What is needed:
Within the material below, locate the line with "hit)) e) % 2 ^ 64" and the line with "observe-Accounted (evaluated obs) o h = h", then return those two lines and all lines between them, exactly as written.

__________

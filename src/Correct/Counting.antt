-- ===== src/Correct/Counting.antt =====
-- factorengine/observer.go: what the counting observer's counters say.
use risk_engine.Prelude.{
  ℕ, ◌+◌, ◌%◌, ◌^◌, ◌≡◌, refl, ◌∙◌, Bool, not, Bool-cases, inl, inr, ◌<◌, true, false, Option, none,
  some, List, [], ◌∷◌, arith,
}
use risk_engine.Prelude.Int.{pattern64}
use risk_engine.Outcome.{ValidationError}
use risk_engine.Cache.{bump}
use risk_engine.Observer.{
  Observation, CacheObservation, RuleObserverStats, new_in_memory_rule_observer, observe_compile,
  observe_eval, observe_cache, bump_error,
}

-- What an observer is told.
pub data Event : Type 0 where
  compiled evaluated : Observation → Event
  looked_up : CacheObservation → Event

abbrev pub observe : Event → RuleObserverStats → RuleObserverStats
observe (compiled obs) o = observe_compile obs o
observe (evaluated obs) o = observe_eval obs o
observe (looked_up obs) o = observe_cache obs o

abbrev pub observe_all : List Event → RuleObserverStats → RuleObserverStats
observe_all [] o = o
observe_all (e ∷ es) o = observe_all es (observe e o)

-- Numbers of events with a property, and durations as 64-bit patterns, that do not wrap around.
abbrev pub one : Bool → ℕ
one true = 1
one false = 0

abbrev pub is_error : Observation → Bool
is_error obs = elim obs.error [ none ↦ false | some e ↦ true ]

abbrev pub total : (Event → ℕ) → List Event → ℕ
total f [] = 0
total f (e ∷ es) = f e + total f es

module _ (f : Observation → ℕ) where
  abbrev pub of_compiled : Event → ℕ
  of_compiled (compiled obs) = f obs
  of_compiled (evaluated obs) = 0
  of_compiled (looked_up obs) = 0

  abbrev pub of_evaluated : Event → ℕ
  of_evaluated (compiled obs) = 0
  of_evaluated (evaluated obs) = f obs
  of_evaluated (looked_up obs) = 0

abbrev pub of_looked_up : (Bool → ℕ) → Event → ℕ
of_looked_up f (compiled obs) = 0
of_looked_up f (evaluated obs) = 0
of_looked_up f (looked_up obs) = f obs.hit

module _ (field : RuleObserverStats → ℕ) (f : Event → ℕ)
    (step : (e : Event) (o : RuleObserverStats)
      → field o < 2 ^ 64
      → field (observe e o) ≡ (field o + f e) % 2 ^ 64) where
  grows :
      (es : List Event) (o : RuleObserverStats)
      → field o < 2 ^ 64
      → field (observe_all es o) ≡ (field o + total f es) % 2 ^ 64
  grows [] o h = nothing_added (field o) h
    where
      nothing_added : (a : ℕ) → a < 2 ^ 64 → a ≡ (a + 0) % 2 ^ 64
      nothing_added a h = omega arith
  grows (e ∷ es) o h =
      let s = step e o h in
      joined (field o) (field (observe e o)) (f e) (total f es)
        (field (observe_all es (observe e o))) s
        (grows es (observe e o) (bounded (field o + f e) (field (observe e o)) s))
    where
      bounded : (a b : ℕ) → b ≡ a % 2 ^ 64 → b < 2 ^ 64
      bounded a b h = omega arith

      joined :
          (a b c d r : ℕ) → b ≡ (a + c) % 2 ^ 64 → r ≡ (b + d) % 2 ^ 64 → r ≡ (a + (c + d)) % 2 ^ 64
      joined a b c d r h k = omega arith

  from_zero :
      (es : List Event)
      → field new_in_memory_rule_observer ≡ 0
      → field (observe_all es new_in_memory_rule_observer) ≡ total f es % 2 ^ 64
  from_zero es z =
      sum_from_zero (field new_in_memory_rule_observer) (total f es) z
        (grows es new_in_memory_rule_observer (small (field new_in_memory_rule_observer) z))
    where
      small : (a : ℕ) → a ≡ 0 → a < 2 ^ 64
      small a h = omega arith

      sum_from_zero : (a b : ℕ) {r : ℕ} → a ≡ 0 → r ≡ (a + b) % 2 ^ 64 → r ≡ b % 2 ^ 64
      sum_from_zero a b h k = omega arith

unchanged : (a : ℕ) → a < 2 ^ 64 → a ≡ (a + 0) % 2 ^ 64
unchanged a h = omega arith

bump_error-one :
    (e : Option ValidationError) (a : ℕ)
    → a < 2 ^ 64
    → bump_error e a ≡ (a + one (elim e [ none ↦ false | some x ↦ true ])) % 2 ^ 64
bump_error-one none a h = unchanged a h
bump_error-one (some e) a h = refl

-- The counters after events: the numbers of compilations and evaluations, of those with an error, of
-- requests, hits and misses, and the sums of the durations.
abbrev pub counts : (Event → ℕ) → List Event → ℕ
counts f es = total f es % 2 ^ 64

pub record Counts (es : List Event) (o : RuleObserverStats) : Type 0 where
  pub compiles : o.compile_count ≡ counts (of_compiled λ obs. 1) es
  pub compile_failures : o.compile_errors ≡ counts (of_compiled λ obs. one (is_error obs)) es
  pub compile_time :
      o.compile_duration_nanos ≡ counts (of_compiled λ obs. pattern64 obs.duration) es
  pub evals : o.eval_count ≡ counts (of_evaluated λ obs. 1) es
  pub eval_failures : o.eval_errors ≡ counts (of_evaluated λ obs. one (is_error obs)) es
  pub eval_time : o.eval_duration_nanos ≡ counts (of_evaluated λ obs. pattern64 obs.duration) es
  pub hits : o.cache_hits ≡ counts (of_looked_up one) es
  pub misses : o.cache_misses ≡ counts (of_looked_up λ hit. one (not hit)) es
  pub requests : o.cache_requests ≡ (o.cache_hits + o.cache_misses) % 2 ^ 64

-- A request for a program changes the counters of requests alone.
observe_cache-keeps :
    (field : RuleObserverStats → ℕ) (obs : CacheObservation) (o : RuleObserverStats)
    → ((r h m : ℕ)
        → field (record o { cache_requests = r; cache_hits = h; cache_misses = m }) ≡ field o)
    → field (observe_cache obs o) ≡ field o
unfolding observe_cache
observe_cache-keeps field obs o keeps = elim (Bool-cases obs.hit) [
  | inl e ↦ rw (observe_cache, e) (keeps _ _ _)
  | inr e ↦ rw (observe_cache, e) (keeps _ _ _)
]

module _ (field : RuleObserverStats → ℕ) (g : Observation → ℕ)
    (kept : (o : RuleObserverStats) (r h m : ℕ)
      → field (record o { cache_requests = r; cache_hits = h; cache_misses = m }) ≡ field o) where
  compiles_count :
      ((obs : Observation) (o : RuleObserverStats)
        → field o < 2 ^ 64
        → field (observe_compile obs o) ≡ (field o + g obs) % 2 ^ 64)
      → ((obs : Observation) (o : RuleObserverStats) → field (observe_eval obs o) ≡ field o)
      → (e : Event) (o : RuleObserverStats) → field o < 2 ^ 64
      → field (observe e o) ≡ (field o + of_compiled g e) % 2 ^ 64
  compiles_count adds keeps (compiled obs) o h = adds obs o h
  compiles_count adds keeps (evaluated obs) o h = keeps obs o ∙ unchanged (field o) h
  compiles_count adds keeps (looked_up obs) o h =
      observe_cache-keeps field obs o (kept o) ∙ unchanged (field o) h

  evals_count :
      ((obs : Observation) (o : RuleObserverStats)
        → field o < 2 ^ 64
        → field (observe_eval obs o) ≡ (field o + g obs) % 2 ^ 64)
      → ((obs : Observation) (o : RuleObserverStats) → field (observe_compile obs o) ≡ field o)
      → (e : Event) (o : RuleObserverStats) → field o < 2 ^ 64
      → field (observe e o) ≡ (field o + of_evaluated g e) % 2 ^ 64
  evals_count adds keeps (compiled obs) o h = keeps obs o ∙ unchanged (field o) h
  evals_count adds keeps (evaluated obs) o h = adds obs o h
  evals_count adds keeps (looked_up obs) o h =
      observe_cache-keeps field obs o (kept o) ∙ unchanged (field o) h

hits_count :
    (e : Event) (o : RuleObserverStats)
    → o.cache_hits < 2 ^ 64
    → (observe e o).cache_hits ≡ (o.cache_hits + of_looked_up one e) % 2 ^ 64
unfolding observe_compile observe_eval observe_cache
hits_count (compiled obs) o h = unchanged o.cache_hits h
hits_count (evaluated obs) o h = unchanged o.cache_hits h
hits_count (looked_up obs) o h = elim (Bool-cases obs.hit) [
  | inl e ↦ rw (observe_cache, e) refl
  | inr e ↦ rw (observe_cache, e) (unchanged o.cache_hits h)
]

misses_count :
    (e : Event) (o : RuleObserverStats)
    → o.cache_misses < 2 ^ 64
    → (observe e o).cache_misses ≡ (o.cache_misses + of_looked_up (λ hit. one (not hit)) e) % 2 ^ 64
unfolding observe_compile observe_eval observe_cache
misses_count (compiled obs) o h = unchanged o.cache_misses h
misses_count (evaluated obs) o h = unchanged o.cache_misses h
misses_count (looked_up obs) o h = elim (Bool-cases obs.hit) [
  | inl e ↦ rw (observe_cache, e) (unchanged o.cache_misses h)
  | inr e ↦ rw (observe_cache, e) refl
]

Accounted : RuleObserverStats → Type 0
Accounted o = o.cache_requests ≡ (o.cache_hits + o.cache_misses) % 2 ^ 64

accounted_sum :
    (r h m : ℕ)
    → r ≡ (h + m) % 2 ^ 64
    → (bump r ≡ (bump h + m) % 2 ^ 64) × (bump r ≡ (h + bump m) % 2 ^ 64)
accounted_sum r h m e = (omega arith, omega arith)

observe-Accounted : (e : Event) (o : RuleObserverStats) → Accounted o → Accounted (observe e o)
unfolding observe_compile observe_eval observe_cache Accounted
observe-Accounted (compiled obs) o h = h
observe-Accounted (evaluated obs) o h = h
observe-Accounted (looked_up obs) o h =
    let (hit, miss) = accounted_sum o.cache_requests o.cache_hits o.cache_misses h in
    elim (Bool-cases obs.hit) [
      | inl e ↦ rw (observe_cache, e) hit
      | inr e ↦ rw (observe_cache, e) miss
    ]

observe_all-Accounted :
    (es : List Event) (o : RuleObserverStats) → Accounted o → Accounted (observe_all es o)
observe_all-Accounted [] o h = h
observe_all-Accounted (e ∷ es) o h =
    observe_all-Accounted es (observe e o) (observe-Accounted e o h)

-- After any events a new observer's counters are, up to 64 bits, the numbers of compilations and evaluations,
-- of those with an error, of hits and misses, and the sums of the durations; the requests are the hits and
-- the misses.
pub observe_all-Counts : (es : List Event) → Counts es (observe_all es new_in_memory_rule_observer)
unfolding observe_compile observe_eval Accounted
observe_all-Counts es = record {
  compiles =
      from_zero _ _
        (compiles_count (λ o. o.compile_count) _ (λ o r h m. refl) (λ obs o h. refl)
          (λ obs o. refl))
        es refl;
  compile_failures =
      from_zero _ _
        (compiles_count (λ o. o.compile_errors) (λ obs. one (is_error obs)) (λ o r h m. refl)
          (λ obs o. bump_error-one obs.error o.compile_errors) (λ obs o. refl))
        es refl;
  compile_time =
      from_zero _ _
        (compiles_count (λ o. o.compile_duration_nanos) _ (λ o r h m. refl) (λ obs o h. refl)
          (λ obs o. refl))
        es refl;
  evals =
      from_zero _ _
        (evals_count (λ o. o.eval_count) _ (λ o r h m. refl) (λ obs o h. refl) (λ obs o. refl)) es
        refl;
  eval_failures =
      from_zero _ _
        (evals_count (λ o. o.eval_errors) (λ obs. one (is_error obs)) (λ o r h m. refl)
          (λ obs o. bump_error-one obs.error o.eval_errors) (λ obs o. refl))
        es refl;
  eval_time =
      from_zero _ _
        (evals_count (λ o. o.eval_duration_nanos) _ (λ o r h m. refl) (λ obs o h. refl)
          (λ obs o. refl))
        es refl;
  hits = from_zero _ _ hits_count es refl;
  misses = from_zero _ _ misses_count es refl;
  requests = observe_all-Accounted es new_in_memory_rule_observer refl;
}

__________

The answer:
    → (observe e o).cache_misses ≡ (o.cache_misses + of_looked_up (λ hit. one (not hit)) e) % 2 ^ 64
unfolding observe_compile observe_eval observe_cache
misses_count (compiled obs) o h = unchanged o.cache_misses h
misses_count (evaluated obs) o h = unchanged o.cache_misses h
misses_count (looked_up obs) o h = elim (Bool-cases obs.hit) [
  | inl e ↦ rw (observe_cache, e) (unchanged o.cache_misses h)
  | inr e ↦ rw (observe_cache, e) refl
]

Accounted : RuleObserverStats → Type 0
Accounted o = o.cache_requests ≡ (o.cache_hits + o.cache_misses) % 2 ^ 64

accounted_sum :
    (r h m : ℕ)
    → r ≡ (h + m) % 2 ^ 64
    → (bump r ≡ (bump h + m) % 2 ^ 64) × (bump r ≡ (h + bump m) % 2 ^ 64)
accounted_sum r h m e = (omega arith, omega arith)

observe-Accounted : (e : Event) (o : RuleObserverStats) → Accounted o → Accounted (observe e o)
unfolding observe_compile observe_eval observe_cache Accounted
observe-Accounted (compiled obs) o h = h
observe-Accounted (evaluated obs) o h = h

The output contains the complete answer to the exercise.